# Free Book Finds: March 2012 (No Self-Promotion Please!)



## Betsy the Quilter (Oct 27, 2008)

Post your free* book finds here.

Click here for the February 2012 thread.

This thread is for members to post your Free book finds, no self-promotion please. And please do not link through other sites: use KindleBoards affiliate links (link-maker above) or generic Amazon links. 

If you have a book of your own to promote, you may start a thread all your own in the Book Bazaar to promote your book, to post news and to talk to your fans! Of course, you may also list the book in your Avatar and signature. And you may list your temporarily free books in our Links to Free Books thread. Thanks!

Tip: typing in the title in addition to including the cover helps when doing searches!

We generally try to keep this thread on topic with book posts only, off-topic posts will be "pruned"! This helps members who use the "new post" indicator or who have subscribed to the thread. Thanks for your cooperation!

Ann & Betsy
Book Bazaar Moderators

**buyer beware: though books are free when posted here, prices on Amazon can change without warning so be sure to look before you click!
**international members: these books are free in the US, but may not be free in your country.

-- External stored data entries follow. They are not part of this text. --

-- ===== src/Transport/Serial.antt =====
-- Serial port configuration and the timing it implies (src/transport/serial.rs, and
-- `TransportConfig` of src/transport/mod.rs). A `Duration` is its nanoseconds.
use rust_modbus.Prelude.{ℕ, ◌+◌, ◌*◌, ◌/◌, Option, none, ltb, ◌==◌, if◌then◌else◌, ok, err}
pub mod Line
pub mod Interval
pub mod Rs485
pub mod Open
use rust_modbus.Transport.Serial.Line
use rust_modbus.Transport.Serial.Line.{
  DataBits, eight, Parity, StopBits, one, FlowControl, data_bit_count, parity_bit_count,
  stop_bit_count,
}
use rust_modbus.Error.{Result, configuration, ◌>>=◌}

abbrev pub fixed_interval_above_baud : ℕ
fixed_interval_above_baud = 19200

abbrev pub fixed_interval : ℕ
fixed_interval = 1750000

pub data RtsPolarity : Type 0 where
  high low : RtsPolarity

pub record Rs485Config : Type 0 where
  pub rts_on_send : RtsPolarity
  pub delay_before_send : ℕ
  pub delay_after_send : ℕ

pub record SerialConfig : Type 0 where
  pub baud_rate : ℕ
  pub data_bits : DataBits
  pub parity : Parity
  pub stop_bits : StopBits
  pub flow_control : FlowControl
  pub rs485 : Option Rs485Config

-- `SerialConfig::default`
abbrev pub default : SerialConfig
default = record {
  baud_rate = 19200;
  data_bits = eight;
  parity = Line.even;
  stop_bits = one;
  flow_control = Line.none;
  rs485 = none;
}

unfoldable pub bits_per_character : SerialConfig → ℕ
unfolding data_bit_count parity_bit_count stop_bit_count
bits_per_character config =
    1
    + data_bit_count config.data_bits
    + parity_bit_count config.parity
    + stop_bit_count config.stop_bits

-- `saturating_mul` on 64 bits
abbrev pub saturating_mul : ℕ → ℕ → ℕ
saturating_mul a b = if ltb (a * b) 18446744073709551616 then a * b else 18446744073709551615

-- 3.5 character times, with the half carried by the denominator.
unfoldable pub inter_frame_interval : SerialConfig → Result ℕ
unfolding bits_per_character
inter_frame_interval config =
    if config.baud_rate == 0
    then err (configuration "baud_rate")
    else if ltb fixed_interval_above_baud config.baud_rate
    then ok fixed_interval
    else ok
        (saturating_mul (bits_per_character config) 7000000000 / saturating_mul config.baud_rate 2)

pub record TransportConfig : Type 0 where
  pub inter_frame_interval : ℕ
  pub ascii_inter_character_timeout : ℕ

-- `TransportConfig::default`
abbrev pub default_transport : TransportConfig
default_transport = record {
  inter_frame_interval = 2005208;
  ascii_inter_character_timeout = 1000000000;
}

-- `TransportConfig::from_serial`
unfoldable pub from_serial : SerialConfig → Result TransportConfig
unfolding inter_frame_interval
from_serial config = do
  interval ← inter_frame_interval config
  ok (record {
    inter_frame_interval = interval;
    ascii_inter_character_timeout = default_transport.ascii_inter_character_timeout;
  })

Again, be sure to look before you click*


----------



## Judy Powell (Sep 25, 2011)

For all the Harlequin Romance fans, check out this freebie:



This American romance was originally $ 4.99 so free is a good deal.


----------



## Pirate96 (Sep 8, 2011)

Operation #EFAD has launched! Read a great novel that foreshadows a government operation similar to Fast and Furious. One of the best writers that I have read in a long time. Glad to see him offer this one for free. You'll be glad you gave it a whirl.

Only free for a few days!


----------



## CrystalMarcos (Dec 27, 2011)

Memories Kindle Edition
http://www.amazon.com/Memories-ebook/dp/B007DCBI7C/ref=sr_1_11?s=digital-text&ie=UTF8&qid=1330629161&sr=1-11
Free currently


----------



## aphraeldanae (Jul 5, 2011)




----------



## geoffthomas (Feb 27, 2009)

You have the opportunity to get the first book written in one of the most exciting series you will read.
Mike Hicks is one of our resident authors and this work is wonderful.
Just sayin.......

In the first book of the epic futuristic fantasy IN HER NAME series, EMPIRE is the coming-of-age story of Reza Gard, a young boy of the Human Confederation who is swept up in the century-long war with the alien Kreelan Empire. Nightmarish female warriors with blue skin, fangs, and razor sharp talons, the Kreelans have technology that is millennia beyond that of the Confederation, yet they seek out close combat with sword and claw, fighting and dying to honor their god-like Empress. Captured and enslaved, Reza must live like his enemies in a grand experiment to see if humans have souls, and if one may be the key to unlocking an ages old curse upon the Kreelan race. Enduring the brutal conditions of Kreelan life, Reza and a young warrior named Esah-Zhurah find themselves bound together by fTate and a prophecy foretold millennia before they were born.


*IN HER NAME: EMPIRE*

​


----------



## emilyward (Mar 5, 2011)

Glimpse by Stacey Wallace Benefiel is free. I've been wanting to read this one for a while!


----------



## cheriereich (Feb 12, 2011)

For a great Biblical Romance, check out Michal's Window by Rachelle Ayala. It's currently free, and it's a passionate retelling of King David's first wife's story.


----------



## Zoe Sharp (Feb 28, 2012)

Alexandra Sokoloff has two wonderful e-books up at the moment for free. One is her YA thriller:

The Space Between "Alexandra Sokoloff has created an intricate tapestry; a dark Young Adult novel with threads of horror and science fiction that make it a true original. Loaded with graphic, vivid images that place the reader in the midst of the mystery and danger, The Space Between takes psychological elements, quantum physics and multiple dimensions with parallel universes and creates a storyline that has no equal. A must-read. " -- Suspense Magazine



The second is Book of Shadows which is free worldwide except for the USA

"A wonderfully dark thriller with amazing is-it-isn't-it suspense all the way to the end. Highly recommended." -- Lee Child


----------



## Lisa Lim (Mar 16, 2011)

Free at the moment. Humor/ Mystery/ Romantic Comedy


----------



## djgross (May 24, 2011)

The first book in a great suspense series. Free as of 1pm Friday March 2nd (no idea how long it will stay free).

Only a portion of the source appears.